►
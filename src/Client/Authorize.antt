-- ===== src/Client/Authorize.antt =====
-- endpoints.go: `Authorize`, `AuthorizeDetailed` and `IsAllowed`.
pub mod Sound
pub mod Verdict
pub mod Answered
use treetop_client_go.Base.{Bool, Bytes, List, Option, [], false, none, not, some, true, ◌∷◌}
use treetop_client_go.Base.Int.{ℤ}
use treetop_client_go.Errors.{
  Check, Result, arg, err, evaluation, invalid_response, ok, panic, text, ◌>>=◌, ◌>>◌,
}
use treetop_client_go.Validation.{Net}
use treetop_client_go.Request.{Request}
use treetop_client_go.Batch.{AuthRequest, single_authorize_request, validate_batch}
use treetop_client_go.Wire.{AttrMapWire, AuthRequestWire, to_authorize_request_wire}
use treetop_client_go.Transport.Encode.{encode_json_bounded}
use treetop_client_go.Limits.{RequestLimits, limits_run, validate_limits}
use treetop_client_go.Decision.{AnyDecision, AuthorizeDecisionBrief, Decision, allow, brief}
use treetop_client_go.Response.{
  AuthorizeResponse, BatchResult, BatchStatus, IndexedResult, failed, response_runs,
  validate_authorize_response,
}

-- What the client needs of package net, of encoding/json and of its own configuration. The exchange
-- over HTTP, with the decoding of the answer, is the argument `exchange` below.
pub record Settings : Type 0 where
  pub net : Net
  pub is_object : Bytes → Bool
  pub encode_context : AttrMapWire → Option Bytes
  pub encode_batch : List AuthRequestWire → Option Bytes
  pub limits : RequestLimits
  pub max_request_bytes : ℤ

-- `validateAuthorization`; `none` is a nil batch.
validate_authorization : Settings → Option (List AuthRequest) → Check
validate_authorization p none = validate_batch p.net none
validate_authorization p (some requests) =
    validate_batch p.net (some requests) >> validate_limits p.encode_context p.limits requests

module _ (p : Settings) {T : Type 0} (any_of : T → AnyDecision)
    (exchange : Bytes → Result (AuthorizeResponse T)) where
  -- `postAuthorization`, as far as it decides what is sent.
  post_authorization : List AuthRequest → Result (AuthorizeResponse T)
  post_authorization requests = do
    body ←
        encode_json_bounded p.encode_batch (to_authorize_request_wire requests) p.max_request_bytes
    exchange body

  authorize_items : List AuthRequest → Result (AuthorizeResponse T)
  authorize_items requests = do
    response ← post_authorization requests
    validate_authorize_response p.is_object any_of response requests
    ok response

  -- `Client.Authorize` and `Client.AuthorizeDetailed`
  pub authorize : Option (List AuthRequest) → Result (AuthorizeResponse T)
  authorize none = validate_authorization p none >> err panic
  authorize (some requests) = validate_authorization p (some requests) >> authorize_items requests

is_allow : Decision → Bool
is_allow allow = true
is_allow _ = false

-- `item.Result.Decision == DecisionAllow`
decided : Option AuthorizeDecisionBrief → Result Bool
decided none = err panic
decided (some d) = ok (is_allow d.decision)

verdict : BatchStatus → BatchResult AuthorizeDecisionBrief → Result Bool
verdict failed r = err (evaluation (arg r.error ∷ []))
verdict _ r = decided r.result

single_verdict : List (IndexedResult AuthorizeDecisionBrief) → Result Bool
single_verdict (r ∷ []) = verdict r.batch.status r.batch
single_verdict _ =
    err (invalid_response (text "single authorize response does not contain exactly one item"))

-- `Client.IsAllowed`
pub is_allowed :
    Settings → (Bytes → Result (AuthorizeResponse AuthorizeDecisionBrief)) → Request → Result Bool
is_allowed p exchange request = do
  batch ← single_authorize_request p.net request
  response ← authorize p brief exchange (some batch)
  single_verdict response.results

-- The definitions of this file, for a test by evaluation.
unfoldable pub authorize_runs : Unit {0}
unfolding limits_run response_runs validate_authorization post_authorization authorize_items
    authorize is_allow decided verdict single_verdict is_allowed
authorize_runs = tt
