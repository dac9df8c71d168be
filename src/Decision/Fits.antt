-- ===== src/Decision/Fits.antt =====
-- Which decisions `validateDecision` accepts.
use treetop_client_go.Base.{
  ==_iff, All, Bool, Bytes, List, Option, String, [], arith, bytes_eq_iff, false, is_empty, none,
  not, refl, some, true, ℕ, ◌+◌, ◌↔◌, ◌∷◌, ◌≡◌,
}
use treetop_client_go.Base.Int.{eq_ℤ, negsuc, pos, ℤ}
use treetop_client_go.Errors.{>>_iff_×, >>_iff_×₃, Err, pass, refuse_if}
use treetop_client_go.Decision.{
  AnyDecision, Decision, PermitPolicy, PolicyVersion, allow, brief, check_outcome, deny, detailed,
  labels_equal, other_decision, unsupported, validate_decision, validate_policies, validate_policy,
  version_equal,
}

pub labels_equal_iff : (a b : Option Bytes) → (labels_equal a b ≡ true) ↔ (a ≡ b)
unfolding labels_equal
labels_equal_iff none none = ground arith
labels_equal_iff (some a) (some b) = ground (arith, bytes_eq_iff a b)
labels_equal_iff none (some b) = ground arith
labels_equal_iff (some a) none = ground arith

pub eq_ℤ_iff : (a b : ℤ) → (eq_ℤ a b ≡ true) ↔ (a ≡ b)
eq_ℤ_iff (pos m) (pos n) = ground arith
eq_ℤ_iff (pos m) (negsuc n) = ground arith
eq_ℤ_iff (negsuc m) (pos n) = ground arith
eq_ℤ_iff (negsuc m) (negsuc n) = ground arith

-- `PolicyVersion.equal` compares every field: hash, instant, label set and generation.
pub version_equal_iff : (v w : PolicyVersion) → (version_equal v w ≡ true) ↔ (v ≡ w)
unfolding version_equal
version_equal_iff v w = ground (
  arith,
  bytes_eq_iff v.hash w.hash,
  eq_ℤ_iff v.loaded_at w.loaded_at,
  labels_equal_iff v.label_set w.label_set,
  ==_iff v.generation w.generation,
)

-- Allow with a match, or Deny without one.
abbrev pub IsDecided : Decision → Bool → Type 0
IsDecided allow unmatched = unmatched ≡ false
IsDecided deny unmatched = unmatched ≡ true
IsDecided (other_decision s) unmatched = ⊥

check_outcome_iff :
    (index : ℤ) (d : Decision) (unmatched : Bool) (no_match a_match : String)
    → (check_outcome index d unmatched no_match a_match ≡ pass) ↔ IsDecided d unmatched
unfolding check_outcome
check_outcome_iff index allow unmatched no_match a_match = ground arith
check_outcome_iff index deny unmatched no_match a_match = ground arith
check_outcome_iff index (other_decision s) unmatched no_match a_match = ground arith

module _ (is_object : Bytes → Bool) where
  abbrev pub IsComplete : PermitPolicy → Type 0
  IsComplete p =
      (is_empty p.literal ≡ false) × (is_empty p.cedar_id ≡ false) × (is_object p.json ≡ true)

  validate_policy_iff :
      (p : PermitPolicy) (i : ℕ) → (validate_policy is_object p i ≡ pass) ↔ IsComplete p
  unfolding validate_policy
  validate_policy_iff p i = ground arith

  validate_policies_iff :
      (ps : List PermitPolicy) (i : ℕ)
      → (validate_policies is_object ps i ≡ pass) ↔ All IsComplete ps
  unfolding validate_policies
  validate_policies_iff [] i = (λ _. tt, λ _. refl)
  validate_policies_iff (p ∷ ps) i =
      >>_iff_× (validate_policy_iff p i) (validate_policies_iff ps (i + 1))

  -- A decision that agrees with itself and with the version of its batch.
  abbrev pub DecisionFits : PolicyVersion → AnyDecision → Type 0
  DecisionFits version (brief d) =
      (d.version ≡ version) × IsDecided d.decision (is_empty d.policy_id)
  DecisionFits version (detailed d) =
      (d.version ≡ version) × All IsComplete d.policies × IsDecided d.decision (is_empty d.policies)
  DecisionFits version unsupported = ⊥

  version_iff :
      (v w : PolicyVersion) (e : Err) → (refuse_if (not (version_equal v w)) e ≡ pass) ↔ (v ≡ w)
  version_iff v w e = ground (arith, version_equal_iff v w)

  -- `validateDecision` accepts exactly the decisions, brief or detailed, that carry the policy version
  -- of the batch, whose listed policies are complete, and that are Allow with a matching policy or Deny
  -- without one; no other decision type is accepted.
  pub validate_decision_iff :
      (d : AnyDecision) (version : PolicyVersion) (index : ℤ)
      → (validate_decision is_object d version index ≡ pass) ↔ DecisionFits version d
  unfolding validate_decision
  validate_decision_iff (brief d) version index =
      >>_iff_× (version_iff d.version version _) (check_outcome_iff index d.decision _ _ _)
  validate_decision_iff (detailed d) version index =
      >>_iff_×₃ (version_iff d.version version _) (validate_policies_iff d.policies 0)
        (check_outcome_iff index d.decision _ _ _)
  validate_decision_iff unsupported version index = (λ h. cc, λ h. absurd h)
◄
▶ _EXERCISE BRIEF_: From the material above, retype precisely the lines between the line holding "DecisionFits version (brief" and the line holding "-- without one;", inclusive, and nothing beyond them.

▶ _ANSWER SPACE_:
  DecisionFits version (brief d) =
      (d.version ≡ version) × IsDecided d.decision (is_empty d.policy_id)
  DecisionFits version (detailed d) =
      (d.version ≡ version) × All IsComplete d.policies × IsDecided d.decision (is_empty d.policies)
  DecisionFits version unsupported = ⊥

  version_iff :
      (v w : PolicyVersion) (e : Err) → (refuse_if (not (version_equal v w)) e ≡ pass) ↔ (v ≡ w)
  version_iff v w e = ground (arith, version_equal_iff v w)

  -- `validateDecision` accepts exactly the decisions, brief or detailed, that carry the policy version
  -- of the batch, whose listed policies are complete, and that are Allow with a matching policy or Deny
  -- without one; no other decision type is accepted.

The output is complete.